THE DECISION to stage Shakespeare’s Macbeth at St John’s Church on Friday 13 was a masterstroke.

Whilst the venue’s historic surroundings provided the perfect backdrop, the stage and the pews occupied by the 80-strong audience gave an intimate area where the action took place.

And it led to a seamless performance by The Festival Players who relished acting in such grand surroundings.

You will seldom see such an energetic and fast-paced portrayal of one of The Bard’s finest plays - the chemistry between the characters and the interaction was simply breathtaking.

The way the company chose its roles was true to how it would have been in the 1600s.

It was an all-male cast with some actors playing multiple roles - and when they did that, they put in equal amounts of energy and emotion into each part they played.

Matthew Springett was as inspiring a Macbeth as you will ever see as he conveyed the rollercoaster of emotions bestowed upon the character.

Several actors showed unbelievable versatility playing numerous roles, including Joel Daffurn who performed as a witch, a sergeant and, his best character, Macduff.

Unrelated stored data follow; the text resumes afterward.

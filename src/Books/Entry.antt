-- ===== src/Books/Entry.antt =====
-- One transaction with any number of postings that add up to nothing, posted, and the cached balances
-- that follow it, keep the books consistent: a transfer, a deposit, a withdrawal or a reversal.
use mathlib.Core.Bool.{false≢true}
use monierave.Base.{
  ℕ, ◌≤◌, ◌≡◌, refl, ◌≢◌, true, false, List, [], ◌∷◌, ◌++◌, Option, none, some, ℤ, pos, length,
  int_laws, arith, ap, sym, ◌∙◌, subst, ◌==◌, ==_iff, not_equal, UniqueKeys, Every, Every-append,
  Every-weaken, count_where, count_where-append, count_where-update_where, count_where-none,
  none_ne_some, Option-cases, Bool-cases, inl, inr, find_first,
}
use monierave.Models.{Uuid, Time, Account, BankingTransaction, LedgerPosting, is_pending}
use monierave.Models.Tables.{Books}
use monierave.Queries.Accounts.{account_by_id}
use monierave.Queries.Ledger.{
  ledger_by_id, transaction_by_id, postable, as_posted, reverses, reversed_twice, is_some,
}
use monierave.Books.Sums.{
  on_ledger, on_transaction, posting_sum, posting_count, book_total, count_if, sum_if_concat,
  count_if_concat, sum_if-false, count_if-false, sum_if-true, count_if-true, sum_if-none,
}
use monierave.Books.Invariant.{IsConsistent, account_key, SoundBalances, SoundPosting, OneReversal}
use monierave.Books.Credits.{AccountsMoved}
use monierave.Books.Posts.{LedgersMoved, CachedBalances-moved}
use monierave.Books.Transactions.{
  posted_into, UniqueKeys-after_posting, BalancedTransactions-after_posting,
  KnownPostings-after_posting,
}

-- New postings of one transaction that had none.
module _ (u : Uuid) (ps new : List LedgerPosting)
    (own : Every (λ p. p.transaction_id ≡ u) new) where
  own_test : Every (λ p. on_transaction u p ≡ true) new
  own_test = Every-weaken new (λ p e. (==_iff p.transaction_id u).1 e) own

  other_test : (v : Uuid) → v ≢ u → Every (λ p. on_transaction v p ≡ false) new
  other_test v ne = Every-weaken new (λ p e. not_equal p.transaction_id v (λ x. ne (sym x ∙ e))) own

  pub entry_others :
      (v : Uuid)
      → v ≢ u
      → (posting_sum v (ps ++ new) ≡ posting_sum v ps)
        × (posting_count v (ps ++ new) ≡ posting_count v ps)
  entry_others v ne = (
    sum_if_concat (on_transaction v) ps new
        ∙ rw (sum_if-false (on_transaction v) new (other_test v ne)) (omega int_laws),
    count_if_concat (on_transaction v) ps new
        ∙ rw (count_if-false (on_transaction v) new (other_test v ne)) (omega arith),
  )

  pub entry_sum :
      posting_count u ps ≡ 0 → book_total new ≡ pos 0 → posting_sum u (ps ++ new) ≡ pos 0
  entry_sum unused zero =
      sum_if_concat (on_transaction u) ps new
      ∙ rw
          (
            sum_if-none (on_transaction u) ps unused,
            sum_if-true (on_transaction u) new own_test,
            zero,
          )
          (omega int_laws)

  pub entry_count : posting_count u ps ≡ 0 → posting_count u (ps ++ new) ≡ length new
  entry_count unused =
      count_if_concat (on_transaction u) ps new
      ∙ rw (unused, count_if-true (on_transaction u) new own_test) (omega arith)

-- A transaction that reverses one that was reversed by none.
module _ (now : Time) (rows : List BankingTransaction) (t : BankingTransaction) where
  none_before :
      (u : Uuid) (o : Option Uuid)
      → reversed_twice o rows ≡ false
      → (elim o [ none ↦ false | some v ↦ v == u ]) ≡ true
      → count_where (reverses u) rows ≡ 0
  none_before u none h e = absurd (false≢true e)
  none_before u (some v) h e = count_where-none (reverses u) rows (
      subst (λ k. find_first (reverses k) rows ≡ none) ((==_iff v u).0 e)
        (missing (find_first (reverses v) rows) h))
    where
      missing : (x : Option BankingTransaction) → is_some x ≡ false → x ≡ none
      missing none k = refl
      missing (some y) k = absurd (false≢true (sym k))

  pub OneReversal-after_posting :
      reversed_twice t.reversal_of rows ≡ false
      → OneReversal rows
      → OneReversal (posted_into now rows t)
  unfolding count_where
  OneReversal-after_posting single h u =
      rw
        (
          count_where-update_where (reverses u) (postable t.id) (as_posted now) (rows ++ t ∷ [])
              (λ x. refl),
          count_where-append (reverses u) rows (t ∷ []),
        )
        (elim (Bool-cases (reverses u t)) [
          | inl hit ↦ rw (hit, none_before u t.reversal_of single hit) (omega arith)
          | inr miss ↦ rw miss (omega (arith, h u))
        ])

abbrev pub entered_books :
    Books → Time → BankingTransaction → List LedgerPosting → List Account → ℕ → Books
entered_books b now t new accounts next = record b {
  accounts = accounts;
  transactions = posted_into now b.transactions t;
  postings = b.postings ++ new;
  next_posting_id = next;
}

module _ (b : Books) (now : Time) (t : BankingTransaction) (new : List LedgerPosting)
    (accounts : List Account) (next : ℕ) (consistent : IsConsistent b) where
  open consistent use {
    unique_ledgers, unique_transactions, cached, has_ledgers, balanced, known, zero_sum, fresh,
    sound_postings, unique_holders, one_reversal,
  }

  unused_by_new :
      (n : ℕ)
      → b.next_ledger_id ≤ n
      → Every (SoundPosting b.ledger_accounts) new
      → count_if (on_ledger n) new ≡ 0
  unused_by_new n h sound = count_if-false (on_ledger n) new (
      Every-weaken new
        (λ p (_, (l, e)). not_equal p.ledger_account_id n λ x.
          none_ne_some (
            sym (fresh.ledger_unused n h) ∙ ap (λ k. ledger_by_id k b.ledger_accounts) (sym x) ∙ e))
        sound)

  module _ (f : ℕ → ℤ) (moved : AccountsMoved f b.accounts accounts) where
    account_unused_after : (n : ℕ) → b.next_account_id ≤ n → account_by_id n accounts ≡ none
    account_unused_after n h = elim (Option-cases (account_by_id n accounts)) [
      | inl missing ↦ missing
      | inr (a', e) ↦
          let (a, ea, _, _) = moved n a' e in
          absurd (none_ne_some (sym (fresh.account_unused n h) ∙ ea))
    ]

    pub IsConsistent-entered :
        (g : ℕ → ℤ)
        → ((id : ℕ) → f id ≡ g id)
        → UniqueKeys account_key accounts
        → SoundBalances accounts
        → LedgersMoved g b.ledger_accounts b.postings (b.postings ++ new)
        → transaction_by_id t.id b.transactions ≡ none
        → is_pending t.status ≡ true
        → reversed_twice t.reversal_of b.transactions ≡ false
        → Every (λ p. p.transaction_id ≡ t.id) new
        → book_total new ≡ pos 0
        → 2 ≤ length new
        → Every (SoundPosting b.ledger_accounts) new
        → IsConsistent (entered_books b now t new accounts next)
    IsConsistent-entered g same unique sound ledgers unknown waiting single own zero enough
          sound_new =
        record {
          unique_accounts = unique;
          unique_ledgers = unique_ledgers;
          unique_transactions =
              UniqueKeys-after_posting now b.transactions t unknown unique_transactions;
          cached =
              CachedBalances-moved f g b.ledger_accounts b.accounts accounts b.postings _ same moved
                ledgers cached;
          sound = sound;
          has_ledgers = λ id a' e. let (a, ea, _, _) = moved id a' e in has_ledgers id a ea;
          balanced =
              BalancedTransactions-after_posting now b.transactions t unknown b.postings _
                (entry_others t.id b.postings new own)
                (entry_sum t.id b.postings new own (known t.id unknown) zero)
                (subst (λ n. 2 ≤ n) (sym (entry_count t.id b.postings new own (known t.id unknown)))
                  enough)
                balanced;
          known =
              KnownPostings-after_posting now b.transactions t unknown b.postings _
                (entry_others t.id b.postings new own) waiting known;
          zero_sum =
              sum_if_concat (λ r. true) b.postings new ∙ rw (zero_sum, zero) (omega int_laws);
          fresh = record {
            account_unused = account_unused_after;
            owner_unused = fresh.owner_unused;
            ledger_unused = fresh.ledger_unused;
            posting_unused = λ n h.
                count_if_concat (on_ledger n) b.postings new
                ∙ rw (fresh.posting_unused n h, unused_by_new n h sound_new) (omega arith);
          };
          sound_postings =
              Every-append (SoundPosting b.ledger_accounts) b.postings new sound_postings sound_new;
          unique_holders = unique_holders;
          one_reversal = OneReversal-after_posting now b.transactions t single one_reversal;
        }
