-- ===== src/Books/Movement.antt =====
-- One posted transaction with two opposite postings, and the cached balances that follow it, keep
-- the books consistent: a transfer, a deposit or a withdrawal.
use mathlib.Core.List.{append_assoc}
use monierave.Books.Entry.{IsConsistent-entered}
use monierave.Base.{
  Negatable, subst, int_laws, pos_part, neg_part, ℕ, ◌≡◌, true, false, List, [], ◌∷◌, ◌++◌, none,
  some, ℤ, pos, ◌+ℤ◌, arith, UniqueKeys, sym, ap,
}
use monierave.Models.{Time, Account, LedgerAccount, BankingTransaction, LedgerPosting, is_pending}
use monierave.Models.Tables.{Books}
use monierave.Queries.Ledger.{reversed_twice, transaction_by_id, ledger_by_id}
use monierave.Books.Sums.{sum_if}
use monierave.Books.Invariant.{account_key, SoundBalances, IsConsistent}
use monierave.Books.Credits.{AccountsMoved}
use monierave.Books.Posts.{LedgersMoved}
use monierave.Books.Transactions.{posted_into}

abbrev pub moved_books :
    Books → Time → BankingTransaction → LedgerPosting → LedgerPosting → List Account → ℕ → Books
moved_books b now t p q accounts next = record b {
  accounts = accounts;
  transactions = posted_into now b.transactions t;
  postings = (b.postings ++ p ∷ []) ++ q ∷ [];
  next_posting_id = next;
}

module _ (b : Books) (now : Time) (t : BankingTransaction) (p q : LedgerPosting)
    (accounts : List Account) (next : ℕ) (consistent : IsConsistent b) (f : ℕ → ℤ)
    (moved : AccountsMoved f b.accounts accounts) where
  pub IsConsistent-moved :
      (g : ℕ → ℤ) (lp lq : LedgerAccount)
      → ((id : ℕ) → f id ≡ g id)
      → UniqueKeys account_key accounts
      → SoundBalances accounts
      → LedgersMoved g b.ledger_accounts b.postings ((b.postings ++ p ∷ []) ++ q ∷ [])
      → transaction_by_id t.id b.transactions ≡ none
      → is_pending t.status ≡ true
      → reversed_twice t.reversal_of b.transactions ≡ false
      → p.transaction_id ≡ t.id
      → q.transaction_id ≡ t.id
      → p.amount +ℤ q.amount ≡ pos 0
      → Negatable p.amount
      → Negatable q.amount
      → ledger_by_id p.ledger_account_id b.ledger_accounts ≡ some lp
      → ledger_by_id q.ledger_account_id b.ledger_accounts ≡ some lq
      → IsConsistent (moved_books b now t p q accounts next)
  unfolding sum_if
  IsConsistent-moved g lp lq same unique sound ledgers new waiting single tp tq opposite np nq elp
        elq =
      let regroup = append_assoc b.postings (p ∷ []) (q ∷ []) in
      subst (λ ps. IsConsistent (record (moved_books b now t p q accounts next) { postings = ps }))
        (sym regroup)
        (IsConsistent-entered b now t (p ∷ q ∷ []) accounts next consistent f moved g same unique
          sound (subst (λ ps. LedgersMoved g b.ledger_accounts b.postings ps) regroup ledgers) new
          waiting single (tp, (tq, tt))
          (omega (int_laws, ap pos_part opposite, ap neg_part opposite)) (omega arith)
          ((np, (lp, elp)), ((nq, (lq, elq)), tt)))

But Christopher Finn was the most impressive multi-tasker as he excelled as Lady Macbeth and also put in sound portrayals as one of the witches, Ross and Siward’s son.

Among the highlights in this truly amazing performance were the scene where MacDuff was told his wife and children had been slaughtered, when Lady Macbeth gave her emotive speech whilst sleepwalking and when Macbeth was informed of the death of his wife.

But probably the best action came at the banquet where Macbeth was haunted by the visions of Banquo and, later, the animated sword fight between Macbeth and Macduff, leading to the former’s demise.

To stage what The Festival Players produced with just seven actors was a feat you would struggle to see matched anywhere else.

The time of year was also key to the fantastic entertainment - the first act began in the bright light of a summer evening and the nightfall that encroached through the stained-glass windows added much-needed ambiance as the plot became darker and Macbeth’s predicament became more sinister.

With such an ornate auditorium and with such brilliant actors, the romance of Shakespeare does not get much better than this.